HOME OPINI OPINI

  • Senin, 24 Juni 2024

Tari Tanduak

Penulis: Viola  Ramadhani
Penulis: Viola Ramadhani

Tari Tanduak

Oleh: Viola  Ramadhani 

Tari Tanduk merupakan salah satu kesenian tradisional anak nagari Lubuk Tarok kecamatan Lubuk Tarok kabupaten Sijunjung, yang tumbuh dan berkembang sejak adanya nagari Lubuk Tarok sekitar 8 abad yang lalu.

Namun, dalam perkembangan zaman Tari Tanduk seringkali kalah bersaing dengan seni budaya lainnya, sehingga, pada akhir-akhir ini Tari Tanduk sudah jarang dimainkan oleh anak-anak nagari Lubuk Tarok.

Apalagi dengan kemajuan teknologi dan ilmu pengetahuan saat ini, seni budaya luar lebih digemari oleh anak-anak nagari dibandingkan seni budaya tradisional seperti Tari Tanduk.

Pemain inti adalah dua orang yang masing-masing memainkan sebuah tanduk, dengan saling berhadapan, mempergunakan gerak langkah Pencaksilat, tak obahnya seperti orang sedang berkelahi di suatu medan pertempuran atau seperti dua ekor kerbau yang sedang bertanding.

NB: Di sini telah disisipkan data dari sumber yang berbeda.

-- ===== src/Inventory.antt =====
-- services/inventory-service: reservations of stock, try, confirm and cancel.
pub mod Types
pub mod Contract
pub mod Normalize
pub mod Memory
pub mod Postgres
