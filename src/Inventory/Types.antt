-- ===== src/Inventory/Types.antt =====
-- The data of services/inventory-service/src/main.ts that both storages share.
use kuajing.Base.{ℕ, ◌≡◌, ◌⊎◌, refl, inl, inr, Bool, true, false, ◌&&◌, ◌==◌, Option, none, some}
use kuajing.Base.Int.{ℤ, JsNumber, ◌-ℤ◌}
use kuajing.Base.Text.{Text, text_eq}
use kuajing.Base.Failure.{http, Result, ok, err, idempotency_conflict}

pub data ReservationStatus : Type 0 where
  reserved confirmed cancelled : ReservationStatus

pub data AuditAction : Type 0 where
  manual_adjustment stocktake safety_stock_update manual_release : AuditAction

-- `ReservationRequest`, with `Number(body.qty)` for the quantity.
pub record ReservationRequest : Type 0 where
  pub sku_id : Option Text
  pub warehouse_id : Option Text
  pub order_id : Option Text
  pub qty : JsNumber
  pub idempotency_key : Option Text

-- What `normalizeRequest` returns.
pub record ReservationInput : Type 0 where
  pub sku_id : Text
  pub warehouse_id : Option Text
  pub order_id : Option Text
  pub qty : ℕ
  pub idempotency_key : Text

-- `AdminInventoryAdjustmentRequest`; `none` for `undefined` and `null`.
pub record AdjustmentRequest : Type 0 where
  pub available_delta : Option JsNumber
  pub stocktake_available_qty : Option JsNumber
  pub safety_qty : Option JsNumber
  pub reason : Option Text
  pub actor_id : Option Text

-- What `normalizeAdjustmentRequest` returns.
pub record Adjustment : Type 0 where
  pub available_delta : Option ℤ
  pub stocktake_available_qty : Option ℤ
  pub safety_qty : Option ℤ
  pub reason : Text
  pub actor_id : Text

pub record Quantities : Type 0 where
  pub available_qty : ℤ
  pub reserved_qty : ℤ
  pub safety_qty : ℤ
  pub inventory_version : ℕ

-- `ReservationResult`, less its storage mode.
pub record ReservationResult : Type 0 where
  pub reservation_id : Text
  pub status : ReservationStatus
  pub sku_id : Text
  pub warehouse_id : Text
  pub order_id : Option Text
  pub qty : ℕ
  pub stock : Quantities
  pub idempotency_key : Text

-- `AdminInventoryItem`, less its storage mode and the constant `lockedQty`.
pub record AdminItem : Type 0 where
  pub item_id : Text
  pub sku_id : Text
  pub warehouse_id : Text
  pub stock : Quantities
  pub sellable_qty : ℤ

-- `AdminInventoryAuditEvent`.
pub record AuditEvent : Type 0 where
  pub event_id : Text
  pub item_id : Text
  pub action : AuditAction
  pub actor_id : Text
  pub reason : Text
  pub old_value : Quantities
  pub new_value : Quantities
  pub correlation_id : Text
  pub created_at : Text

-- The environment variables that the service reads.
pub record Config : Type 0 where
  pub store_id : Text
  pub default_warehouse_id : Text
  pub default_sku_id : Text
  pub default_available_qty : ℤ
  pub default_safety_qty : ℤ

-- What one call draws from `randomUUID()` and the clock.
pub record Fresh : Type 0 where
  pub item_id : Text
  pub reservation_id : Text
  pub event_id : Text
  pub now : Text

unfoldable pub sellable : Quantities → ℤ
sellable q = q.available_qty -ℤ q.reserved_qty -ℤ q.safety_qty

pub record ReservationIdentity : Type 0 where
  pub sku_id : Text
  pub warehouse_id : Text
  pub qty : ℕ

abbrev pub same_identity : ReservationIdentity → ReservationIdentity → Bool
same_identity a b =
    text_eq a.sku_id b.sku_id && text_eq a.warehouse_id b.warehouse_id && a.qty == b.qty

-- `assertReservationReplay` of reservation-idempotency.ts.
unfoldable pub assert_reservation_replay :
    ReservationIdentity → ReservationIdentity → Result (Unit {0})
assert_reservation_replay existing incoming = elim (same_identity existing incoming) [
  | true ↦ ok tt
  | false ↦ err (http idempotency_conflict)
]

-- `actionForAdjustment`
unfoldable pub action_for_adjustment : Adjustment → AuditAction
action_for_adjustment input = elim input.stocktake_available_qty [
  | some _ ↦ stocktake
  | none ↦ elim input.available_delta [ some _ ↦ manual_adjustment | none ↦ safety_stock_update ]
]

pub ReservationStatus-cases :
    (s : ReservationStatus) → (s ≡ reserved) ⊎ (s ≡ confirmed) ⊎ (s ≡ cancelled)
ReservationStatus-cases reserved = inl refl
ReservationStatus-cases confirmed = inr (inl refl)
ReservationStatus-cases cancelled = inr (inr refl)
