-- ===== src/Siemctl/Render.antt =====
-- src/siemctl/src/render.rs: the output of records as JSON or as tab-separated values, up to a limit.
pub mod Limits
pub mod Cells
pub mod Samples
use headless_siem.Prelude.{
  ℕ, ◌+◌, ◌/◌, ◌%◌, ◌-◌, Text, codes, decimal, Bool, true, false, not, ◌&&◌, ◌||◌, Option, none,
  some, List, [], ◌∷◌, ◌++◌, map, ℤ, pos, negsuc, ◌==◌, nat_eq, list_eq, leb, ltb, if◌then◌else◌,
}
use headless_siem.Prelude.Results.{Result, ok, err}

pub data Format : Type 0 where
  json : Format
  tsv : Bool → Format

-- The error message is one.
pub parse_format : Text → Option Format
parse_format s =
    if s == codes "json"
    then some json
    else if s == codes "tsv"
    then some (tsv true)
    else if s == codes "tsv-noheader"
    then some (tsv false)
    else none

-- A floating-point number carries its `to_string`.
pub data Val : Type 0 where
  str real : Text → Val
  int : ℤ → Val
  bool : Bool → Val
  null : Val

abbrev int_text : ℤ → Text
int_text (pos n) = decimal n
int_text (negsuc n) = codes "-" ++ decimal (n + 1)

abbrev bool_text : Bool → Text
bool_text true = codes "true"
bool_text false = codes "false"

-- A tab, a newline and a carriage return become blanks.
abbrev pub blank_breaks : Text → Text
blank_breaks s = map (λ c. if c == 9 || c == 10 || c == 13 then 32 else c) s

unfoldable pub to_tsv : Val → Text
to_tsv (str s) = blank_breaks s
to_tsv (int n) = int_text n
to_tsv (real f) = f
to_tsv (bool b) = bool_text b
to_tsv null = []

abbrev hex_digit : ℕ → ℕ
hex_digit d = if ltb d 10 then b'0' + d else b'a' + d - 10

json_escape : Text → Text
json_escape [] = []
json_escape (c ∷ s) =
    (if c == 34
      then codes "\\\""
      else if c == 92
      then codes "\\\\"
      else if c == 10
      then codes "\\n"
      else if c == 13
      then codes "\\r"
      else if c == 9
      then codes "\\t"
      else if ltb c 0x20
      then codes "\\u00" ++ hex_digit (c / 16) ∷ hex_digit (c % 16) ∷ []
      else c ∷ [])
    ++ json_escape s

to_json : Val → Text
unfolding json_escape
to_json (str s) = codes "\"" ++ json_escape s ++ codes "\""
to_json (int n) = int_text n
to_json (real f) = f
to_json (bool b) = bool_text b
to_json null = codes "null"

abbrev pub Record : Type 0
Record = List (Text × Val)

abbrev pub find_val : Record → Text → Option Val
find_val [] key = none
find_val ((k, v) ∷ rec) key = if k == key then some v else find_val rec key

abbrev pub join : Text → List Text → Text
join sep [] = []
join sep (s ∷ []) = s
join sep (s ∷ t ∷ rest) = s ++ sep ++ join sep (t ∷ rest)

abbrev or_null : Option Val → Val
or_null none = null
or_null (some v) = v

abbrev json_pair : Text → Val → Text
json_pair k v = codes "\"" ++ json_escape k ++ codes "\":" ++ to_json v

abbrev json_parts : Option (List Text) → Record → List Text
json_parts (some fields) rec = map (λ f. json_pair f (or_null (find_val rec f))) fields
json_parts none rec = map (λ p. json_pair p.0 p.1) rec

unfoldable pub render_json : Option (List Text) → Record → Text
unfolding json_escape to_json
render_json fields rec = codes "{" ++ join (codes ",") (json_parts fields rec) ++ codes "}"

abbrev pub cell : Option Val → Text
cell none = []
cell (some v) = to_tsv v

pub cells : List Text → Record → List Text
unfolding to_tsv
cells cols rec = map (λ c. cell (find_val rec c)) cols

unfoldable pub tsv_row : List Text → Record → Text
unfolding cells
tsv_row cols rec = join (codes "\t") (cells cols rec)

-- `write_line` is `writeln!`; `none` is an error of the writer.
pub record Renderer (W : Type 0) : Type 0 where
  pub format : Format
  pub fields : Option (List Text)
  pub out : W
  pub tsv_cols : Option (List Text)
  pub header_done : Bool
  pub limit : Option ℕ
  pub emitted : ℕ

unfoldable pub new_renderer : {W : Type 0} → Format → Option (List Text) → W → Option ℕ → Renderer W
new_renderer format fields out limit = record {
  format = format;
  fields = fields;
  out = out;
  tsv_cols = none;
  header_done = false;
  limit = limit;
  emitted = 0;
}

abbrev pub reached : Option ℕ → ℕ → Bool
reached none emitted = false
reached (some limit) emitted = leb limit emitted

abbrev columns : Option (List Text) → Option (List Text) → Record → List Text
columns (some cols) fields rec = cols
columns none (some fields) rec = fields
columns none none rec = map (λ p. p.0) rec

module _ {W : Type 0} (write_line : W → Text → Option W) where
  -- The renderer behind a line, and whether it was written.
  abbrev put : Renderer W → Text → Renderer W × Bool
  put r line = elim (write_line r.out line) [
    | none ↦ (r, false)
    | some out ↦ (record r { out = out }, true)
  ]

  abbrev then_row : Renderer W × Bool → Text → Renderer W × Bool
  then_row (r, false) row = (r, false)
  then_row (r, true) row = put (record r { header_done = true }) row

  pub emit_tsv : Renderer W → Record → Bool → Renderer W × Bool
  unfolding tsv_row
  emit_tsv r rec header =
      let cols = columns r.tsv_cols r.fields rec in
      let r' = record r { tsv_cols = some cols } in
      elim (header && not r.header_done) [
        | true ↦ then_row (put r' (join (codes "\t") cols)) (tsv_row cols rec)
        | false ↦ put r' (tsv_row cols rec)
      ]

  pub write_rec : Renderer W → Record → Renderer W × Bool
  unfolding render_json emit_tsv
  write_rec r rec = elim r.format [
    | json ↦ put r (render_json r.fields rec)
    | tsv header ↦ emit_tsv r rec header
  ]

  abbrev counted : Renderer W × Bool → Renderer W × Bool
  counted (r, b) = (record r { emitted = r.emitted + 1 }, b)

  unfoldable pub emit_record : Renderer W → Record → Renderer W × Bool
  unfolding write_rec
  emit_record r rec = elim (reached r.limit r.emitted) [
    | true ↦ (r, true)
    | false ↦ counted (write_rec r rec)
  ]

  -- A line that is no object, behind the check of the limit.
  abbrev pass_line : Renderer W → Text → Format → Renderer W × Bool
  pass_line r line json = counted (put r line)
  pass_line r line (tsv header) = (r, true)

  abbrev verbatim : Format → Option (List Text) → Bool
  verbatim json none = true
  verbatim _ _ = false

  abbrev emit_parsed : Renderer W → Text → Option Record → Renderer W × Bool
  emit_parsed r line none = pass_line r line r.format
  emit_parsed r line (some rec) = counted (write_rec r rec)

  -- `parse_flat_object` reads a line by serde_json.
  module _ (parse_flat_object : Text → Option Record) where
    unfoldable pub emit_raw_line : Renderer W → Text → Renderer W × Bool
    unfolding write_rec
    emit_raw_line r line = elim (reached r.limit r.emitted) [
      | true ↦ (r, true)
      | false ↦ elim (verbatim r.format r.fields) [
        | true ↦ counted (put r line)
        | false ↦ emit_parsed r line (parse_flat_object line)
      ]
    ]
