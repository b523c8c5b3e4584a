-- ===== src/Siemctl/Render/Cells.antt =====
-- src/siemctl/src/render.rs, `emit_tsv`: a value does not break the columns of its row.
use headless_siem.Prelude.{
  ℕ, ◌+◌, ◌≡◌, refl, ap, ◌∙◌, Text, codes, decimal, Bool, true, false, not, ◌||◌, some, List, [],
  ◌∷◌, all, Every, split, is_ascii_digit, pos, negsuc, ◌==◌, nat_eq, list_eq, arith, append_assoc,
  if◌then◌else◌,
}
use headless_siem.Prelude.Numerals.{decimal-digits, split-first, split-only}
use headless_siem.Siemctl.Render.{
  Val, str, real, int, bool, null, Record, blank_breaks, to_tsv, find_val, cell, cells, join,
  tsv_row,
}

-- No tab, newline or carriage return.
abbrev is_plain_char : ℕ → Bool
is_plain_char c = not (c == 9 || c == 10 || c == 13)

-- The text of a floating-point number has no such character.
abbrev pub PlainVal : Val → Type 0
PlainVal (real f) = all is_plain_char f ≡ true
PlainVal _ = Unit

all-blank_breaks : (s : Text) → all is_plain_char (blank_breaks s) ≡ true
all-blank_breaks [] = refl
all-blank_breaks (c ∷ s) = ground (arith, all-blank_breaks s)

all-digits : (s : Text) → all is_ascii_digit s ≡ true → all is_plain_char s ≡ true
unfolding is_ascii_digit
all-digits [] h = refl
all-digits (c ∷ s) h = ground (arith, h, all-digits s)

all-to_tsv : (v : Val) → PlainVal v → all is_plain_char (to_tsv v) ≡ true
unfolding to_tsv
all-to_tsv (str s) h = all-blank_breaks s
all-to_tsv (int (pos n)) h = all-digits (decimal n) (decimal-digits n)
all-to_tsv (int (negsuc n)) h = all-digits (decimal (n + 1)) (decimal-digits (n + 1))
all-to_tsv (real f) h = h
all-to_tsv (bool true) h = refl
all-to_tsv (bool false) h = refl
all-to_tsv null h = refl

abbrev pub PlainRecord : Record → Type 0
PlainRecord rec = Every (λ p. PlainVal p.1) rec

all-cell :
    (rec : Record) (key : Text)
    → PlainRecord rec
    → all is_plain_char (cell (find_val rec key)) ≡ true
all-cell [] key h = refl
all-cell ((k, v) ∷ rec) key h =
    elim (k == key)
      as (λ b. all is_plain_char (cell (if b then some v else find_val rec key)) ≡ true) [
        | true ↦ all-to_tsv v h.0
        | false ↦ all-cell rec key h.1
      ]

-- The parts between tabs are the cells.
split-cells :
    (c : Text) (cols : List Text) (rec : Record)
    → PlainRecord rec
    → split 9 (join (codes "\t") (cells (c ∷ cols) rec)) ≡ cells (c ∷ cols) rec
unfolding cells
split-cells c [] rec h = split-only is_plain_char 9 refl (cell (find_val rec c)) (all-cell rec c h)
split-cells c (d ∷ cols) rec h =
    ap (split 9)
      (append_assoc (cell (find_val rec c)) (codes "\t") (join (codes "\t") (cells (d ∷ cols) rec)))
    ∙ split-first is_plain_char 9 refl (cell (find_val rec c))
        (join (codes "\t") (cells (d ∷ cols) rec)) (all-cell rec c h)
    ∙ ap (λ (l : List Text). cell (find_val rec c) ∷ l) (split-cells d cols rec h)

-- A row of at least one column is taken apart at its tabs into the cells of its columns, whatever the
-- texts of the record hold, if the texts of its floating-point numbers have no tab, newline or carriage
-- return.
pub split-tsv_row :
    (c : Text) (cols : List Text) (rec : Record)
    → PlainRecord rec
    → split 9 (tsv_row (c ∷ cols) rec) ≡ cells (c ∷ cols) rec
unfolding tsv_row
split-tsv_row c cols rec h = split-cells c cols rec h
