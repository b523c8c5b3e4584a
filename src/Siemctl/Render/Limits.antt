-- ===== src/Siemctl/Render/Limits.antt =====
-- src/siemctl/src/render.rs, `--limit`: what is written of a sequence of records.
use headless_siem.Prelude.{
  ℕ, zero, suc, ◌+◌, ◌-◌, ◌≡◌, refl, sym, ap, ◌∙◌, Text, Bool, true, false, Bool-cases, Option,
  none, some, List, [], ◌∷◌, map, take, leb, arith, inl, inr,
}
use headless_siem.Siemctl.Render.{
  json, Record, Renderer, new_renderer, render_json, write_rec, emit_record, counted, put,
}

unfoldable pub write_all {ℓ} : {W : Type ℓ} → (W → Text → W) → W → List Text → W
write_all next w [] = w
write_all next w (line ∷ lines) = write_all next (next w line) lines

no_more : (limit emitted : ℕ) → leb limit emitted ≡ true → limit - emitted ≡ 0
no_more limit emitted h = ground (arith, h)

more :
    (limit emitted : ℕ) → leb limit emitted ≡ false → suc (limit - (emitted + 1)) ≡ limit - emitted
more limit emitted h = ground (arith, h)

module _ {W : Type 0} (write_line : W → Text → Option W) where
  -- The callers' loop; an error of the writer is ignored.
  unfoldable pub emit_all : Renderer W → List Record → Renderer W
  unfolding emit_record
  emit_all r [] = r
  emit_all r (rec ∷ records) = emit_all (emit_record write_line r rec).0 records

  module _ (next : W → Text → W)
      (sound : (w : W) (line : Text) → write_line w line ≡ some (next w line)) where
    abbrev json_renderer : Option (List Text) → W → ℕ → ℕ → Renderer W
    json_renderer fields out limit emitted = record {
      format = json;
      fields = fields;
      out = out;
      tsv_cols = none;
      header_done = false;
      limit = some limit;
      emitted = emitted;
    }

    put_sound :
        (r : Renderer W) (line : Text)
        → put write_line r line ≡ (record r { out = next r.out line }, true)
    put_sound r line = rw (sound r.out line, put) refl

    write_rec-json :
        (fields : Option (List Text)) (out : W) (limit emitted : ℕ) (rec : Record)
        → write_rec write_line (json_renderer fields out limit emitted) rec
          ≡ (json_renderer fields (next out (render_json fields rec)) limit emitted, true)
    unfolding write_rec
    write_rec-json fields out limit emitted rec =
        put_sound (json_renderer fields out limit emitted) (render_json fields rec)

    emit_record-json :
        (fields : Option (List Text)) (out : W) (limit emitted : ℕ) (rec : Record)
        → leb limit emitted ≡ false
        → (emit_record write_line (json_renderer fields out limit emitted) rec).0
          ≡ json_renderer fields (next out (render_json fields rec)) limit (emitted + 1)
    unfolding emit_record
    emit_record-json fields out limit emitted rec h =
        rw (h, emit_record)
          (ap (λ (x : Renderer W × Bool). (counted write_line x).0)
            (write_rec-json fields out limit emitted rec))

    emit_record_done :
        (fields : Option (List Text)) (out : W) (limit emitted : ℕ) (rec : Record)
        → leb limit emitted ≡ true
        → (emit_record write_line (json_renderer fields out limit emitted) rec).0
          ≡ json_renderer fields out limit emitted
    unfolding emit_record
    emit_record_done fields out limit emitted rec h = rw (h, emit_record) refl

    abbrev lines_of : Option (List Text) → ℕ → List Record → List Text
    lines_of fields n records = map (render_json fields) (take n records)

    take_nothing : (fields : Option (List Text)) (n : ℕ) → lines_of fields n [] ≡ []
    take_nothing fields zero = refl
    take_nothing fields (suc n) = refl

    emit_all-json :
        (fields : Option (List Text)) (records : List Record) (out : W) (limit emitted : ℕ)
        → (emit_all (json_renderer fields out limit emitted) records).out
          ≡ write_all next out (lines_of fields (limit - emitted) records)
    unfolding emit_all write_all
    emit_all-json fields [] out limit emitted =
        ap (write_all next out) (sym (take_nothing fields (limit - emitted)))
    emit_all-json fields (rec ∷ records) out limit emitted = elim (Bool-cases (leb limit emitted)) [
      | inl h ↦
          ap (λ r. (emit_all r records).out) (emit_record_done fields out limit emitted rec h)
          ∙ emit_all-json fields records out limit emitted
          ∙ ap (λ n. write_all next out (lines_of fields n records)) (no_more limit emitted h)
          ∙ ap (λ n. write_all next out (lines_of fields n (rec ∷ records)))
              (sym (no_more limit emitted h))
      | inr h ↦
          ap (λ r. (emit_all r records).out) (emit_record-json fields out limit emitted rec h)
          ∙ emit_all-json fields records (next out (render_json fields rec)) limit (emitted + 1)
          ∙ ap (λ n. write_all next out (lines_of fields n (rec ∷ records))) (more limit emitted h)
    ]

    -- With a writer that does not fail, a new renderer of JSON with a limit writes the lines of the first
    -- records, up to the limit, and none behind it.
    pub emit_all-limit :
        (fields : Option (List Text)) (records : List Record) (out : W) (limit : ℕ)
        → (emit_all (new_renderer json fields out (some limit)) records).out
          ≡ write_all next out (map (render_json fields) (take limit records))
    unfolding new_renderer
    emit_all-limit fields records out limit =
        emit_all-json fields records out limit 0
        ∙ ap (λ n. write_all next out (lines_of fields n records)) (omega arith)
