-- ===== src/Siemctl/Render/Samples.antt =====
-- Three records of which two are written, and a value that holds a tab.
use headless_siem.Prelude.{
  Text, codes, none, some, List, [], ◌∷◌, ◌++◌, map, take, pos, ◌≡◌, refl, split,
}
use headless_siem.Siemctl.Render.{Record, str, int, json, new_renderer, render_json, tsv_row, cells}
use headless_siem.Siemctl.Render.Limits.{emit_all, write_all, emit_all-limit}
use headless_siem.Siemctl.Render.Cells.{split-tsv_row}

abbrev rows : List Record
rows =
    ((codes "host", str (codes "a\tb")) ∷ (codes "count", int (pos 3)) ∷ [])
    ∷ ((codes "host", str (codes "c")) ∷ [])
    ∷ []
    ∷ []

abbrev append_line : List Text → Text → List Text
append_line w line = w ++ line ∷ []

emit_all-limit_example :
    (emit_all (λ w line. some (append_line w line)) (new_renderer json none [] (some 2)) rows).out
    ≡ write_all append_line [] (map (render_json none) (take 2 rows))
emit_all-limit_example =
    emit_all-limit (λ w line. some (append_line w line)) append_line (λ w line. refl) none rows [] 2

abbrev first_row : Record
first_row = (codes "host", str (codes "a\tb")) ∷ (codes "count", int (pos 3)) ∷ []

split-tsv_row_example :
    split 9 (tsv_row (codes "host" ∷ codes "none" ∷ []) first_row)
    ≡ cells (codes "host" ∷ codes "none" ∷ []) first_row
split-tsv_row_example = split-tsv_row (codes "host") (codes "none" ∷ []) first_row (tt, (tt, tt))
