-- ===== src/Siemctl/Window.antt =====
-- src/siemctl/src/time.rs, from `Window` on: windows of the digest, relative durations, explicit
-- ranges. The crate chrono is the argument `Spans` (its arithmetic, which panics out of range).
pub mod LastChar
pub mod Durations
use headless_siem.Prelude.{
  ℕ, zero, suc, ◌^◌, ◌-◌, Text, codes, split_once_at, reverse, trim, is_empty, Bool, Option, none,
  some, [], ◌∷◌, ltb, ◌==◌, nat_eq, list_eq, if◌then◌else◌, ℤ, pos, negsuc, parse_signed,
}
use headless_siem.Prelude.Results.{Result, ok, err, ◌>>=◌}
use headless_siem.Bytes.{byte_length, split_at}
use headless_siem.Siemctl.RawFile.{Civil, parse_explicit_timestamp, raw_file_bound}

-- `none` is a panic.
pub record Spans (I D : Type 0) : Type 0 where
  pub at_most : I → I → Bool
  pub between : I → I → D
  pub earlier : I → D → Option I
  pub seconds : ℕ → Option D
  pub minutes : ℕ → Option D
  pub hours : ℕ → Option D
  pub days : ℕ → Option D

-- The messages, and a panic.
pub data TimeError : Type 0 where
  invalid_duration : Text → TimeError
  not_positive : Text → TimeError
  invalid_unit : Text → TimeError
  end_not_after_start : Text → TimeError
  invalid_timestamp : Text → TimeError
  panics : TimeError

pub record Window (I : Type 0) : Type 0 where
  pub start : I
  pub end : I

abbrev i64_bound : ℕ
i64_bound = 2 ^ 63

abbrev pub or_panic {ℓ} : {A : Type ℓ} → Option A → Result TimeError A
or_panic none = err panics
or_panic (some a) = ok a

module _ {I D : Type 0} (S : Spans I D) where
  unfoldable pub duration : Window I → D
  duration w = S.between w.end w.start

  unfoldable pub lookback : Window I → D → Result TimeError (Window I)
  lookback w dur = do
    start ← or_panic (S.earlier w.end dur)
    ok (record { start = start; end = w.end })

  unfoldable pub baseline : Window I → Result TimeError (Window I)
  unfolding duration
  baseline w = do
    start ← or_panic (S.earlier w.start (duration w))
    ok (record { start = start; end = w.start })

  pub duration_of_unit : Text → Text → ℕ → Result TimeError D
  duration_of_unit s unit n =
      if unit == codes "s"
      then or_panic (S.seconds n)
      else if unit == codes "m"
      then or_panic (S.minutes n)
      else if unit == codes "h"
      then or_panic (S.hours n)
      else if unit == codes "d"
      then or_panic (S.days n)
      else err (invalid_unit s)

  pub positive_duration : Text → Text → Option ℤ → Result TimeError D
  unfolding duration_of_unit
  positive_duration s unit none = err (invalid_duration s)
  positive_duration s unit (some (negsuc n)) = err (not_positive s)
  positive_duration s unit (some (pos zero)) = err (not_positive s)
  positive_duration s unit (some (pos (suc n))) = duration_of_unit s unit (suc n)

  -- The two sides of `split_at`.
  pub number_and_unit : Text → Option (Text × Text) → Result TimeError D
  unfolding positive_duration
  number_and_unit s none = err panics
  number_and_unit s (some (num_part, unit)) =
      positive_duration s unit (parse_signed i64_bound num_part)

  pub trimmed_duration : Text → Result TimeError D
  unfolding number_and_unit
  trimmed_duration s =
      if ltb (byte_length s) 2
      then err (invalid_duration s)
      else number_and_unit s (split_at (byte_length s - 1) s)

  unfoldable pub parse_duration : Text → Result TimeError D
  unfolding trimmed_duration
  parse_duration s = trimmed_duration (trim s)

abbrev timestamp_or {ℓ} : {A : Type ℓ} → Text → Option A → Result TimeError A
timestamp_or s none = err (invalid_timestamp s)
timestamp_or s (some a) = ok a

module _ {I D : Type 0} ⦃C : Civil I⦄ (S : Spans I D) where
  check_order : Text → I → I → Result TimeError (Window I)
  check_order s start end =
      if S.at_most end start
      then err (end_not_after_start s)
      else ok (record { start = start; end = end })

  explicit_window : Text → Text → Text → Result TimeError (Window I)
  unfolding check_order
  explicit_window s lo hi = do
    start ← timestamp_or (trim lo) (parse_explicit_timestamp (trim lo))
    end ← timestamp_or (trim hi) (parse_explicit_timestamp (trim hi))
    check_order s start end

  relative_window : Text → I → Result TimeError (Window I)
  unfolding parse_duration
  relative_window s now = do
    dur ← parse_duration S s
    start ← or_panic (S.earlier now dur)
    ok (record { start = start; end = now })

  unfoldable pub parse_window : Text → I → Result TimeError (Window I)
  unfolding explicit_window relative_window
  parse_window s now = elim (split_once_at (codes "..") s) [
    | some (lo, hi) ↦ explicit_window s lo hi
    | none ↦ relative_window s now
  ]

-- `raw_file_range`
pub raw_file_range : {I : Type 0} → ⦃C : Civil I⦄ → Window I → Text × Text
raw_file_range win = (raw_file_bound win.start, raw_file_bound win.end)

Di samping pemain inti, ada dua orang pembantu yang berperan mengipas-ngipaskan merawa kiri ke kanan. Keduanya tidak ikut bermain dengan gerak langkah pencaksilat, melainkan hanya cukup berdiri dan berjalan-jalan di seputar permainan Tari Tanduk.

Peran seorang bundo kanduang atau seorang hakim dengan mempergunakan sebuah payung, sebagai lambang untuk  melindungi kedua pemain yang sudah letih, dengan gerak langkah pencaksilat juga menjadi pelengkap dari permainan.

Tarian Tanduk dimainkan di medan nan bapaneh atau di tempat yang memungkinkan dengan diiringi bunyi gendang atau talempong pacik yang seru, sehingga gerak langkah pemain Tari Tanduk selalu mengikuti bunyi gendang tersebut.

Tarian Tanduk berdasarkan sejarah nagari Lubuk Tarok, diciptakan oleh para ahli seni budaya nagari Lubuk Tarok sekitar 8 abad yang lalu, untuk mengenang sejarah berdirinya nagari Lubuk Tarok. Karena, berdirinya nagari Lubuk Tarok tempo dulu merupakan perpaduan dua kerajaan, yaitu kerajaan yang berpusat di Koto Tuo dan kerajaan di Jambulipo.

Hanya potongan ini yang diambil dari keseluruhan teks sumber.